» **YOUR INSTRUCTIONS**
From the line that contains "root_client = new_client" to the end of the records below, copy every line exactly. Both the first and last of these lines count.

» **Data items**
□ □ □ □ □
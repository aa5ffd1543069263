-- ===== src/Tests/PassthruRuns.antt =====
-- The first assignment of a passed-through device.
use bmd.Prelude.{Bool, ◌≢◌, case_eq, ◌≡◌, refl, true, false, [], ◌∷◌, codes}
use bmd.Conf.Create.{create_vm_conf, add_passthru_conf, clear_passthru_conf}
use bmd.Parser.Params.{parser_list, find_parser}
use bmd.Parser.Values.{parse_passthru}
use bmd.Parser.Tokens.{token_to_string}
use bmd.Parser.Sections.{fault, CfParam, Loading, vm_conf_set_params}
use bmd.Tests.LoadRuns.{word, value_of, section_env}

-- `passthru += 2/0/0` and `passthru = 2/0/0` as the first of a new configuration.
abbrev new_loading : Loading
new_loading = record {
  conf = (create_vm_conf (record { entries = []; lastid = 0 }) (codes "vm1")).1;
  pl_data = [];
  templates = [];
}

abbrev passthru : Bool → CfParam
passthru append = record {
  key = word (codes "passthru");
  vals = value_of (codes "2/0/0") ∷ [];
  append = append;
}

first_append : vm_conf_set_params 1 section_env (passthru true ∷ []) new_loading ≡ fault
unfolding vm_conf_set_params parser_list find_parser parse_passthru add_passthru_conf create_vm_conf
    token_to_string case_eq
first_append = refl

first_assignment :
    vm_conf_set_params 1 section_env (passthru false ∷ passthru true ∷ []) new_loading ≢ fault
unfolding vm_conf_set_params parser_list find_parser parse_passthru add_passthru_conf
    clear_passthru_conf create_vm_conf token_to_string case_eq
first_assignment e = cc e
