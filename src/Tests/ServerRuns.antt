-- ===== src/Tests/ServerRuns.antt =====
-- The command server on concrete requests and streams.
use bmd.Prelude.{
  ℕ, ◌≡◌, refl, true, false, none, some, List, [], ◌∷◌, ◌++◌, codes, case_eq, arith, ◌+◌, ◌≤◌, ◌<◌,
  All, length,
}
use bmd.Conf.Nv.{NvList, empty, pair, string}
use bmd.Vm.{State}
use bmd.Daemon.Entries.{lookup_vm_by_name}
use bmd.Daemon.Loop.{find_vm}
use bmd.Server.Commands.{How, vm_down_command}
use bmd.Server.Requests.{Xucred, CommandEnv, get_string, check_owner, answer}
use bmd.Server.Commands.Allowed.{not_found}
use bmd.Server.Commands.Down.{IsInState, down_state, vm_down_command-IsInState}
use bmd.Server.Dispatch.{Cfunc, get_command_function, recv_command}
use bmd.Server.Dispatch.Stranger.{recv_command_stranger}
use bmd.Server.SockBuf.{SockBuf, data_of, clear_sock_buf, frame, htonl, receive_all, send_all}
use bmd.Server.SockBuf.Whole.{IsWhole, receive_all-IsWhole}
use bmd.Server.SockBuf.Sent.{IsSent, send_all-IsSent}
use bmd.Server.Idle.{IdleSock, calc_timeout, close_timeout_sock_buf}
use bmd.Server.Idle.Next.{calc_timeout-close_timeout_sock_buf}
use bmd.Server.Sockets.{Client, Packing, new_client, on_recv_sock_buf}
use bmd.Server.Sockets.Turns.{HasTurn, here, next, read, Reach-HasTurn}
use bmd.Tests.Samples.{sample_env, entry_in, daemon_in}

abbrev command_env : CommandEnv
command_env = record {
  env = sample_env;
  open_port = λ fn. some 10;
  loaded = none;
  passwd = λ uid. none;
}

abbrev request : NvList
request =
    pair (codes "command") (string (codes "Shutdown"))
      (pair (codes "name") (string (codes "vm1")) empty)

-- The owner of the sample, and another user.
abbrev owner : Xucred
owner = record { uid = 1001; groups = 1001 ∷ [] }

abbrev other : Xucred
other = record { uid = 1002; groups = 1002 ∷ 0 ∷ [] }

request_name : get_string request (codes "name") ≡ some (codes "vm1")
unfolding get_string
request_name = refl

request_command : get_string request (codes "command") ≡ some (codes "Shutdown")
unfolding get_string
request_command = refl

shutdown_known : get_command_function (codes "Shutdown") ≡ some Cfunc.shutdown
unfolding get_command_function case_eq
shutdown_known = refl

vm1_found :
    lookup_vm_by_name (daemon_in State.run).vm_list (codes "vm1") ≡ some (entry_in State.run)
unfolding lookup_vm_by_name
vm1_found = refl

vm1_placed : find_vm (daemon_in State.run).vm_list (some 1) ≡ some (entry_in State.run)
unfolding find_vm
vm1_placed = refl

owner_allowed : check_owner (entry_in State.run).conf.conf owner ≡ true
unfolding check_owner
owner_allowed = refl

other_denied : check_owner (entry_in State.run).conf.conf other ≡ false
unfolding check_owner
other_denied = refl

vm_down_command-IsInState_example :
    ((vm_down_command command_env How.acpi request owner (daemon_in State.run)).0
      ≡ answer empty none)
    × IsInState
        (vm_down_command command_env How.acpi request owner (daemon_in State.run)).1
        (codes "vm1")
        (down_state How.acpi State.run)
vm_down_command-IsInState_example =
    vm_down_command-IsInState command_env How.acpi request owner (daemon_in State.run) (codes "vm1")
      (entry_in State.run) request_name vm1_found vm1_placed owner_allowed

recv_command_stranger_example :
    recv_command command_env request other (daemon_in State.run)
    ≡ (not_found, none, daemon_in State.run)
recv_command_stranger_example =
    recv_command_stranger command_env request other (daemon_in State.run) (codes "Shutdown")
      Cfunc.shutdown (codes "vm1") (entry_in State.run) request_command shutdown_known refl
      request_name vm1_found other_denied

abbrev some_buf : SockBuf
some_buf = record {
  read_state = true;
  size = [];
  buf_size = 0;
  buf = [];
  res_fd = none;
  res_buf = codes "ok!";
  res_bytes = 0;
  sent_size = 0;
}

-- The sizes of the pieces, less one.
abbrev pieces : List ℕ
pieces = 1 ∷ 0 ∷ 2 ∷ 0 ∷ 0 ∷ 1 ∷ 0 ∷ 3 ∷ []

receive_all-IsWhole_example :
    IsWhole
      (codes "boot")
      (codes "xy")
      (receive_all pieces (clear_sock_buf some_buf) (frame (codes "boot") ++ codes "xy"))
receive_all-IsWhole_example =
    receive_all-IsWhole pieces some_buf (codes "boot") (codes "xy") (omega arith) (omega arith)
      (omega arith)

send_all-IsSent_example : IsSent [] (codes "ok!") (send_all pieces some_buf)
send_all-IsSent_example = send_all-IsSent pieces some_buf refl refl (omega arith) (omega arith)

-- A first call that sends just the size ends the response.
size_only : (send_all (3 ∷ 9 ∷ []) some_buf).1 ≡ htonl 3
unfolding send_all htonl
size_only = refl

abbrev idle_socks : List IdleSock
idle_socks = record { fd = 7; event_time = 100 } ∷ record { fd = 8; event_time = 90 } ∷ []

calc_timeout-close_timeout_sock_buf_example :
    (20 ≤ 30)
    × All (λ p. 100 + 20 ≤ p.event_time + 30) idle_socks
    × (length (close_timeout_sock_buf (100 + 20) 30 idle_socks) < length idle_socks)
unfolding calc_timeout
calc_timeout-close_timeout_sock_buf_example =
    calc_timeout-close_timeout_sock_buf 100 30 20 idle_socks (omega arith, (omega arith, tt)) refl

-- Once a socket is overdue the wait has no limit.
overdue : calc_timeout 121 30 idle_socks ≡ none
unfolding calc_timeout
overdue = refl

-- Every message is the request of this module, and every response has one byte.
abbrev one_byte : Packing
one_byte = record { pack = λ res. some (7 ∷ []); unpack = λ bytes. some request }

abbrev root_client : Client
root_client = new_client (record { uid = 0; groups = [] })

abbrev sized_client : Client
sized_client = record root_client {
  buf = record root_client.buf { read_state = true; size = 0 ∷ 0 ∷ 0 ∷ 1 ∷ []; buf_size = 1 };
}

abbrev sending_client : Client
sending_client = record root_client {
  buf = record root_client.buf { res_buf = 7 ∷ [] };
  recv_on = false;
  send_on = true;
}

Reach-HasTurn_example : HasTurn sending_client
unfolding on_recv_sock_buf recv_command
Reach-HasTurn_example =
    Reach-HasTurn (record { uid = 0; groups = [] }) sending_client
      (next
        (next here (
          read one_byte command_env (data_of (0 ∷ 0 ∷ 0 ∷ 1 ∷ [])) (daemon_in State.run) root_client
            sized_client refl refl))
        (read one_byte command_env (data_of (9 ∷ [])) (daemon_in State.run) sized_client
          sending_client refl refl))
□ □ □ □ □
» **OUTPUT**
root_client = new_client (record { uid = 0; groups = [] })

abbrev sized_client : Client
sized_client = record root_client {
  buf = record root_client.buf { read_state = true; size = 0 ∷ 0 ∷ 0 ∷ 1 ∷ []; buf_size = 1 };
}

abbrev sending_client : Client
sending_client = record root_client {
  buf = record root_client.buf { res_buf = 7 ∷ [] };
  recv_on = false;
  send_on = true;
}

Reach-HasTurn_example : HasTurn sending_client
unfolding on_recv_sock_buf recv_command
Reach-HasTurn_example =
    Reach-HasTurn (record { uid = 0; groups = [] }) sending_client
      (next
        (next here (
          read one_byte command_env (data_of (0 ∷ 0 ∷ 0 ∷ 1 ∷ [])) (daemon_in State.run) root_client
            sized_client refl refl))
        (read one_byte command_env (data_of (9 ∷ [])) (daemon_in State.run) sized_client
          sending_client refl refl))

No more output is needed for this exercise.